Dua orang yang diminta untuk diproses hukum yakni Komisaris PT Adimulia Agrolestari, Frank Wijaya dan Kepala Kanwil BPN Riau, M Syahrir.
“Frank menyetujui dan memerintahkan Sudarso menyuap Bupati Kuansing non-aktif, Andi Putra dan M Syahrir,” kata Koordinator Umum Senarai, Jeffri Sianturi dalam keterangan tertulis yang diterima SabangMerauke News, Rabu (23/3/2022) kemarin.
Sudarso merupakan General Manager PT Adimulia Agrolestari (AA) aktif dalam pengurusan perpanjangan HGU PT AA yang akan habis pada 2024 mendatang. Ia telah dituntut hukuman 3 tahun penjara atas dugaan suap sebesar Rp 500 juta kepada Andi Putra.
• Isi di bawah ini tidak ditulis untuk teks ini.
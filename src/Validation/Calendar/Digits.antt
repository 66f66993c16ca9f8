-- ===== src/Validation/Calendar/Digits.antt =====
-- server/src/services/validation/normalise.ts: the digits of a date.
use cargo_execution_assistan.Prelude.{
  ℕ, ◌+◌, ◌*◌, ◌-◌, ◌/◌, ◌%◌, ◌≤◌, ◌<◌, ◌≡◌, refl, inl, inr, true, [], ◌∷◌, arith, Bool-cases, leb,
  length, All,
}
use cargo_execution_assistan.Text.{Text, is_digit}
use cargo_execution_assistan.Text.Decimal.{
  digit, units, tens, hundreds, thousands, decimal_one, decimal_two, decimal_three, decimal_four,
}
use cargo_execution_assistan.Text.Regex.{matches}
use cargo_execution_assistan.Text.Regex.Meaning.{matches_iff, times_sound, times_complete}
use cargo_execution_assistan.Validation.Calendar.{date_form, pad2, pad4, format_date}

pad2_lem : (n : ℕ) → n < 100 → pad2 n ≡ tens n ∷ units n ∷ []
unfolding pad2
pad2_lem n h = elim (Bool-cases (leb 10 n)) [
  | inl big ↦ ground (arith, decimal_two n)
  | inr small ↦ ground (arith, decimal_one n)
]

pad4_lem : (n : ℕ) → n < 10000 → pad4 n ≡ thousands n ∷ hundreds n ∷ tens n ∷ units n ∷ []
unfolding pad4
pad4_lem n h = elim (Bool-cases (leb 1000 n)) [
  | inl four ↦ rw (decimal_four n (ground arith) h) refl
  | inr less ↦ elim (Bool-cases (leb 100 n)) [
    | inl three ↦ rw (decimal_three n (ground arith) (ground arith)) (ground arith)
    | inr lesser ↦ elim (Bool-cases (leb 10 n)) [
      | inl two ↦ rw (decimal_two n (ground arith) (ground arith)) (ground arith)
      | inr one ↦ rw (decimal_one n (ground arith)) (ground arith)
    ]
  ]
]

pub format_date_lem :
    (y m d : ℕ)
    → y < 10000
    → m < 100
    → d < 100
    → format_date y m d
      ≡ thousands y
        ∷ hundreds y
        ∷ tens y
        ∷ units y
        ∷ b'-'
        ∷ tens m
        ∷ units m
        ∷ b'-'
        ∷ tens d
        ∷ units d
        ∷ []
unfolding format_date
format_date_lem y m d hy hm hd = rw (pad4_lem y hy, pad2_lem m hm, pad2_lem d hd)

-- What the ten code units of a date are.
pub record IsDateForm (s : Text) : Type 0 where
  pub a : ℕ
  pub b : ℕ
  pub c : ℕ
  pub d : ℕ
  pub e : ℕ
  pub f : ℕ
  pub g : ℕ
  pub h : ℕ
  pub whole : s ≡ a ∷ b ∷ c ∷ d ∷ b'-' ∷ e ∷ f ∷ b'-' ∷ g ∷ h ∷ []
  pub digits : All (λ k. is_digit k ≡ true) (a ∷ b ∷ c ∷ d ∷ e ∷ f ∷ g ∷ h ∷ [])

two_units : (s : Text) → length s ≡ 2 → (a : ℕ) × (b : ℕ) × (s ≡ a ∷ b ∷ [])
two_units (a ∷ b ∷ []) h = (a, b, refl)
two_units [] h = absurd (omega arith)
two_units (a ∷ []) h = absurd (omega arith)
two_units (a ∷ b ∷ c ∷ s) h = absurd (omega arith)

four_units :
    (s : Text) → length s ≡ 4 → (a : ℕ) × (b : ℕ) × (c : ℕ) × (d : ℕ) × (s ≡ a ∷ b ∷ c ∷ d ∷ [])
four_units (a ∷ b ∷ c ∷ d ∷ []) h = (a, b, c, d, refl)
four_units [] h = absurd (omega arith)
four_units (a ∷ []) h = absurd (omega arith)
four_units (a ∷ b ∷ []) h = absurd (omega arith)
four_units (a ∷ b ∷ c ∷ []) h = absurd (omega arith)
four_units (a ∷ b ∷ c ∷ d ∷ e ∷ s) h = absurd (omega arith)

pub date_form_sound : (s : Text) → matches date_form s ≡ true → IsDateForm s
date_form_sound s h =
    let (year, r1, e1, my, m1) = (matches_iff date_form s).0 h in
    let (dash1, r2, e2, (c1, ec1, d1), m2) = m1 in
    let (month, r3, e3, mm, m3) = m2 in
    let (dash2, day, e4, (c2, ec2, d2), md) = m3 in
    let (ly, ay) = times_sound 4 is_digit year my in
    let (lm, am) = times_sound 2 is_digit month mm in
    let (ld, ad) = times_sound 2 is_digit day md in
    let (a, b, c, d, ey) = four_units year ly in
    let (e, f, em) = two_units month lm in
    let (g, h', ed) = two_units day ld in
    let ay' = rw ey at ay in
    let am' = rw em at am in
    let ad' = rw ed at ad in
    record {
      a = a;
      b = b;
      c = c;
      d = d;
      e = e;
      f = f;
      g = g;
      h = h';
      whole = rw (e1, ey, e2, ec1, e3, em, e4, ec2, ed) (ground arith);
      digits = (
        ay'.0,
        (ay'.1.0, (ay'.1.1.0, (ay'.1.1.1.0, (am'.0, (am'.1.0, (ad'.0, (ad'.1.0, tt))))))),
      );
    }

pub date_form_complete : (s : Text) → IsDateForm s → matches date_form s ≡ true
date_form_complete s w =
    let (ha, (hb, (hc, (hd, (he, (hf, (hg, (hh, _)))))))) = w.digits in
    (matches_iff date_form s).1 (
      w.a ∷ w.b ∷ w.c ∷ w.d ∷ [],
      b'-' ∷ w.e ∷ w.f ∷ b'-' ∷ w.g ∷ w.h ∷ [],
      w.whole,
      times_complete is_digit (w.a ∷ w.b ∷ w.c ∷ w.d ∷ []) (ha, (hb, (hc, (hd, tt)))),
      (
        b'-' ∷ [],
        w.e ∷ w.f ∷ b'-' ∷ w.g ∷ w.h ∷ [],
        refl,
        (b'-', refl, refl),
        (
          w.e ∷ w.f ∷ [],
          b'-' ∷ w.g ∷ w.h ∷ [],
          refl,
          times_complete is_digit (w.e ∷ w.f ∷ []) (he, (hf, tt)),
          (
            b'-' ∷ [],
            w.g ∷ w.h ∷ [],
            refl,
            (b'-', refl, refl),
            times_complete is_digit (w.g ∷ w.h ∷ []) (hg, (hh, tt)),
          ),
        ),
      ),
    )

pub format_date-IsDateForm :
    (y m d : ℕ) → y < 10000 → m < 100 → d < 100 → IsDateForm (format_date y m d)
format_date-IsDateForm y m d hy hm hd = record {
  a = thousands y;
  b = hundreds y;
  c = tens y;
  d = units y;
  e = tens m;
  f = units m;
  g = tens d;
  h = units d;
  whole = format_date_lem y m d hy hm hd;
  digits = (
    is (y / 10 / 10 / 10),
    (is (y / 10 / 10), (is (y / 10), (is y, (is (m / 10), (is m, (is (d / 10), (is d, tt))))))),
  );
}
  where
    is : (k : ℕ) → is_digit (digit (k % 10)) ≡ true
    is k = ground arith

-- The number of four digits and of two, as the server adds it up.
abbrev pub value4 : ℕ → ℕ → ℕ → ℕ → ℕ
value4 a b c d = (((0 * 10 + (a - b'0')) * 10 + (b - b'0')) * 10 + (c - b'0')) * 10 + (d - b'0')

abbrev pub value2 : ℕ → ℕ → ℕ
value2 a b = (0 * 10 + (a - b'0')) * 10 + (b - b'0')

pub value4_lem : (n : ℕ) → n < 10000 → value4 (thousands n) (hundreds n) (tens n) (units n) ≡ n
value4_lem n h = omega arith

pub value2_lem : (n : ℕ) → n < 100 → value2 (tens n) (units n) ≡ n
value2_lem n h = omega arith

abbrev pub IsDigit : ℕ → Type 0
IsDigit c = (b'0' ≤ c) × (c ≤ b'9')

pub digits4 :
    (a b c d n : ℕ)
    → IsDigit a
    → IsDigit b
    → IsDigit c
    → IsDigit d
    → n ≡ value4 a b c d
    → (n < 10000) × (a ≡ thousands n) × (b ≡ hundreds n) × (c ≡ tens n) × (d ≡ units n)
digits4 a b c d n ha hb hc hd e = omega arith

pub digits2 :
    (a b n : ℕ) → IsDigit a → IsDigit b → n ≡ value2 a b → (n < 100) × (a ≡ tens n) × (b ≡ units n)
digits2 a b n ha hb e = omega arith

pub is_digit-IsDigit : (c : ℕ) → is_digit c ≡ true → IsDigit c
is_digit-IsDigit c h = ground arith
Senin pekan depan, Pengadilan Tipikor Pekanbaru akan menggelar sidang pembacaan putusannya.
Jeffri menjelaskan, Sudarso telah mengakui semua perbuatannya. Hanya Andi yang berkilah dan berdalih uang yang diterimanya sebesar Rp 500 juta sebagai pinjaman. Menurutnya, fakta-fakta persidangan menunjukkan peran besar Frank Wijaya sehingga suap terjadi.
"Tanpa perintahnya, uang perusahaan tidak akan keluar dan sampai ke tangan-tangan penerima,” ungkap Jeffri.
Kepala Kanwil BPN Riau, Syahrir telah membantah keras pengakuan Sudarso yang menuding dirinya menerima uang sebesar Rp 1,2 miliar. Syahrir menyebut tuduhan serius adalah fitnah belaka.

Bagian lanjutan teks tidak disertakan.